To use spark you can simply call spark
.
For example you could run in python spark.sql("SELECT * FROM my_table")
.
2.3. dbutils
Databricks comes with a class that has some utilities. This have 3 main functionalities:
- Secrets (
dbutils.secrets
) - File system (
dbutils.fs
) - Widgets (
dbutils.widgets
) - Package installer (
dbutils.library
)
2.3.1. dbutils.secrets
This allows to interact with secrets. In Azure you will connect it to a Key Vault so that you can retrive secrets from there.
2.3.2. dbutils.fs
This allows to write and read files. It is also used to mount external storage units such as a datalake or a blob.
2.3.3. dbutils.widgets
You can create custom widgets that allow you to interact with the notebook.

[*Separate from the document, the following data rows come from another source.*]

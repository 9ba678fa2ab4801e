-- ===== src/Orchestrator/CycleQueue/Serial.antt =====
-- Any interleaving of the callers of cycle_queue.py.
use caqrs.Prelude.{
  true, false, List, [], ◌∷◌, ◌++◌, map, Reply, returned, raised, ◌≡◌, refl, sym, ap, subst, ◌∙◌,
  inl, inr, append-nil, append_assoc, arith, Bool-cases, Nil-cases,
}
use mathlib.Core.List.{map-append}
use caqrs.Orchestrator.CycleQueue.{
  CycleQueue, Progress, answered, started, init, enqueue, run_one, run_one_end, drain, drain_loop,
  drain_resume, guard_leave,
}
use caqrs.Orchestrator.CycleQueue.World.{
  Caller, running_one, draining, World, input_of, goes_one, goes_all, ends, resumes, enqueues,
  calls_run_one, calls_drain, finishes, Reachable, at_start, after_step, Collected, IsCollected,
  IsSerial, run_one_nothing, run_one_busy, run_one_starts, drain_loop_ends, drain_loop_starts,
  drain_busy, drain_free,
}

module _ {ℓ κ} {I : Type ℓ} {R : Type κ} where
  -- A call that starts an input from an idle queue.
  starts :
      (w : World I R) (c : Caller I R) (rest : List I)
      → IsSerial w
      → w.waiting ≡ []
      → w.queue.waiting ≡ input_of c ∷ rest
      → IsCollected w.ended c
      → IsSerial
          (record w { queue = record { waiting = rest; running = true }; waiting = c ∷ w.waiting })
  starts w c rest s idle next mine = record {
    fifo = s.fifo ∙ rw (idle, next) refl;
    served = inr (c, refl, ap (λ cs. c ∷ cs) idle, mine);
  }

  idle_of : (w : World I R) → IsSerial w → w.queue.running ≡ false → w.waiting ≡ []
  idle_of w s h = elim s.served [
    | inl (_, idle) ↦ idle
    | inr (c, busy, _, _) ↦ absurd (ground (arith, h, busy))
  ]

  enqueues-IsSerial :
      (w : World I R) (i : I)
      → IsSerial w
      → IsSerial (record w { queue = enqueue w.queue i; arrived = w.arrived ++ i ∷ [] })
  unfolding enqueue
  enqueues-IsSerial w i s = record {
    fifo = ap (λ xs. xs ++ i ∷ []) s.fifo ∙ simp append_assoc;
    served = s.served;
  }

  run_one-IsSerial : (w : World I R) → IsSerial w → IsSerial (goes_one w (run_one w.queue))
  run_one-IsSerial w s = elim (Nil-cases w.queue.waiting) [
    | inl empty ↦
        subst (λ x. IsSerial (goes_one w x)) (sym (run_one_nothing w.queue empty))
          (record { fifo = s.fifo; served = s.served })
    | inr (i, rest, next) ↦ elim (Bool-cases w.queue.running) [
      | inl busy ↦
          subst (λ x. IsSerial (goes_one w x)) (sym (run_one_busy w.queue busy))
            (record { fifo = s.fifo; served = s.served })
      | inr free ↦
          subst (λ x. IsSerial (goes_one w x)) (sym (run_one_starts w.queue next free))
            (starts w (running_one i) rest s (idle_of w s free) next tt)
    ]
  ]

  -- The loop of `drain`, where nothing waits for the runner.
  drain_loop-IsSerial :
      (w : World I R) (results : List R)
      → IsSerial w
      → w.queue.running ≡ false
      → Collected w.ended results
      → IsSerial (goes_all results w (drain_loop w.queue results))
  drain_loop-IsSerial w results s free mine = elim (Nil-cases w.queue.waiting) [
    | inl empty ↦
        subst (λ x. IsSerial (goes_all results w x)) (sym (drain_loop_ends w.queue results empty))
          (record { fifo = s.fifo; served = s.served })
    | inr (i, rest, next) ↦
        subst (λ x. IsSerial (goes_all results w x)) (sym (drain_loop_starts w.queue results next))
          (starts w (draining results i) rest s (idle_of w s free) next mine)
  ]

  drain-IsSerial : (w : World I R) → IsSerial w → IsSerial (goes_all [] w (drain w.queue))
  drain-IsSerial w s = elim (Bool-cases w.queue.running) [
    | inl busy ↦
        subst (λ x. IsSerial (goes_all [] w x)) (sym (drain_busy w.queue busy))
          (record { fifo = s.fifo; served = s.served })
    | inr free ↦
        subst (λ x. IsSerial (goes_all [] w x)) (sym (drain_free w.queue free))
          (drain_loop-IsSerial w [] s free (w.ended, [], sym (append-nil w.ended), refl))
  ]

  -- The world when the runner is done, before the caller goes on.
  abbrev left : World I R → Caller I R → Reply R → World I R
  left w c outcome = record (ends w c [] outcome) { queue = guard_leave w.queue }

  left-IsSerial :
      (w : World I R) (c : Caller I R) (outcome : Reply R)
      → IsSerial w
      → w.waiting ≡ c ∷ []
      → IsSerial (left w c outcome)
  left-IsSerial w c outcome s only = record {
    fifo =
        s.fifo
        ∙ rw (only, map-append (λ (e : I × Reply R). e.0) w.ended ((input_of c, outcome) ∷ []))
            (sym (append_assoc (map (λ e. e.0) w.ended) (input_of c ∷ []) w.queue.waiting));
    served = inl (refl, refl);
  }

  pub Collected-append :
      (ended : List (I × Reply R)) (results : List R) (i : I) (r : R)
      → Collected ended results
      → Collected (ended ++ (i, returned r) ∷ []) (results ++ r ∷ [])
  Collected-append ended results i r (earlier, mine, split, same) = (
    earlier,
    mine ++ (i, r) ∷ [],
    ap (λ xs. xs ++ (i, returned r) ∷ []) split
        ∙ (append_assoc earlier (map (λ e. (e.0, returned e.1)) mine) ((i, returned r) ∷ [])
            ∙ ap (λ xs. earlier ++ xs)
                (sym (map-append (λ (e : I × R). (e.0, returned e.1)) mine ((i, r) ∷ [])))),
    ap (λ xs. xs ++ r ∷ []) same ∙ sym (map-append (λ (e : I × R). e.1) mine ((i, r) ∷ [])),
  )

  goes_all-queue :
      (w : World I R) (q : CycleQueue I) (results : List R) (x : Progress I (List R) × CycleQueue I)
      → goes_all results (record w { queue = q }) x ≡ goes_all results w x
  goes_all-queue w q results (answered a, _) = refl
  goes_all-queue w q results (started i, _) = refl

  resumes-IsSerial :
      (w : World I R) (c : Caller I R) (outcome : Reply R)
      → IsSerial w
      → w.waiting ≡ c ∷ []
      → IsCollected w.ended c
      → IsSerial (resumes (ends w c [] outcome) c outcome)
  unfolding run_one_end drain_resume
  resumes-IsSerial w (running_one i) (returned r) s only mine =
      let s' = left-IsSerial w (running_one i) (returned r) s only in
      record { fifo = s'.fifo; served = s'.served }
  resumes-IsSerial w (running_one i) raised s only mine =
      let s' = left-IsSerial w (running_one i) raised s only in
      record { fifo = s'.fifo; served = s'.served }
  resumes-IsSerial w (draining results i) (returned r) s only mine =
      let w' = left w (draining results i) (returned r) in
      subst IsSerial
        (goes_all-queue (ends w (draining results i) [] (returned r)) (guard_leave w.queue)
          (results ++ r ∷ []) (drain_loop (guard_leave w.queue) (results ++ r ∷ [])))
        (drain_loop-IsSerial w' (results ++ r ∷ [])
          (left-IsSerial w (draining results i) (returned r) s only) refl
          (Collected-append w.ended results i r mine))
  resumes-IsSerial w (draining results i) raised s only mine =
      let s' = left-IsSerial w (draining results i) raised s only in
      record { fifo = s'.fifo; served = s'.served }

  only_one :
      (before : List (Caller I R)) (caller : Caller I R) (after : List (Caller I R))
      (c : Caller I R)
      → c ∷ [] ≡ before ++ caller ∷ after
      → (before ≡ []) × (after ≡ []) × (caller ≡ c)
  only_one [] caller after c h = ground arith
  only_one (b ∷ []) caller after c h = ground arith
  only_one (b ∷ x ∷ before) caller after c h = ground arith

  not_empty :
      (before : List (Caller I R)) (caller : Caller I R) (after : List (Caller I R))
      → [] ≡ before ++ caller ∷ after
      → ⊥
  not_empty [] caller after h = cc
  not_empty (b ∷ before) caller after h = cc

  -- The one caller that waits is served.
  finishes-IsSerial :
      (w : World I R) (before : List (Caller I R)) (caller : Caller I R) (after : List (Caller I R))
      (outcome : Reply R)
      → IsSerial w
      → w.waiting ≡ before ++ caller ∷ after
      → IsSerial (resumes (ends w caller (before ++ after) outcome) caller outcome)
  finishes-IsSerial w before caller after outcome s split = elim s.served [
    | inl (_, idle) ↦ absurd (not_empty before caller after (sym idle ∙ split))
    | inr (c, busy, only, mine) ↦
        let (no_before, no_after, same) = only_one before caller after c (sym only ∙ split) in
        rw (no_before, no_after, same) (resumes-IsSerial w c outcome s only mine)
  ]

  -- Whatever callers enqueue inputs, call `run_one` or `drain`, and however the runner's answers and
  -- exceptions interleave with them: the inputs that came are those of the runs that ended, then the
  -- one that runs, then those in the queue, in the order in which they came; at most one input runs,
  -- and the flag says whether one does.
  pub Reachable-IsSerial : {w : World I R} → Reachable w → IsSerial w
  Reachable-IsSerial at_start = unfold init in record { fifo = refl; served = inl (refl, refl) }
  Reachable-IsSerial (after_step r (enqueues w i)) = enqueues-IsSerial w i (Reachable-IsSerial r)
  Reachable-IsSerial (after_step r (calls_run_one w)) = run_one-IsSerial w (Reachable-IsSerial r)
  Reachable-IsSerial (after_step r (calls_drain w)) = drain-IsSerial w (Reachable-IsSerial r)
  Reachable-IsSerial (after_step r (finishes w before caller after outcome split)) =
      finishes-IsSerial w before caller after outcome (Reachable-IsSerial r) split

For example you can create and dropdown that sets the value of one python variable.
2.3.4. dbutils.library
This allow you to install packages.
I would advise to manage libraries with the Libraries
section of the cluster configuration.
If you are using a conda environment dbutils.library
won’t work.
2.4. display and displayHTML
The display
object is mainly used to show tables.
You can pass a spark or pandas dataframe and it will be nicely displayed.
It also allows to create plots based on the dataframe.
displayHTML
as the name suggest allows to display HTML content.
It is the equivalent of an iframe
in HTML.
3. Storing and reading data
Databricks come with a folder where you can store data.
It is under the path /dbfs/FileStore
.
Hower I suggest that you mount your own external unit and store the data there.
One important aspect for reading and writting data is the paths.
Imagine that you have a table stored in /dbfs/mnt/blob/data.delta
.
To read that in different languages you should:
language | sentence |
---|---|
python | /dbfs/mnt/blob/data.delta |
sh | /dbfs/mnt/blob/data.delta |
spark | dbfs:/mnt/blob/data.delta |
SQL | SELECT * FROM delta.`/mnt/blob/data.delta` |
4. Scheduling jobs
You can schedule jobs with the section Jobs
.
It works like the Linux chron.
It should only be used for small tasks since it is not an orchestrator like Airflow or Azure Data Factory (ADF).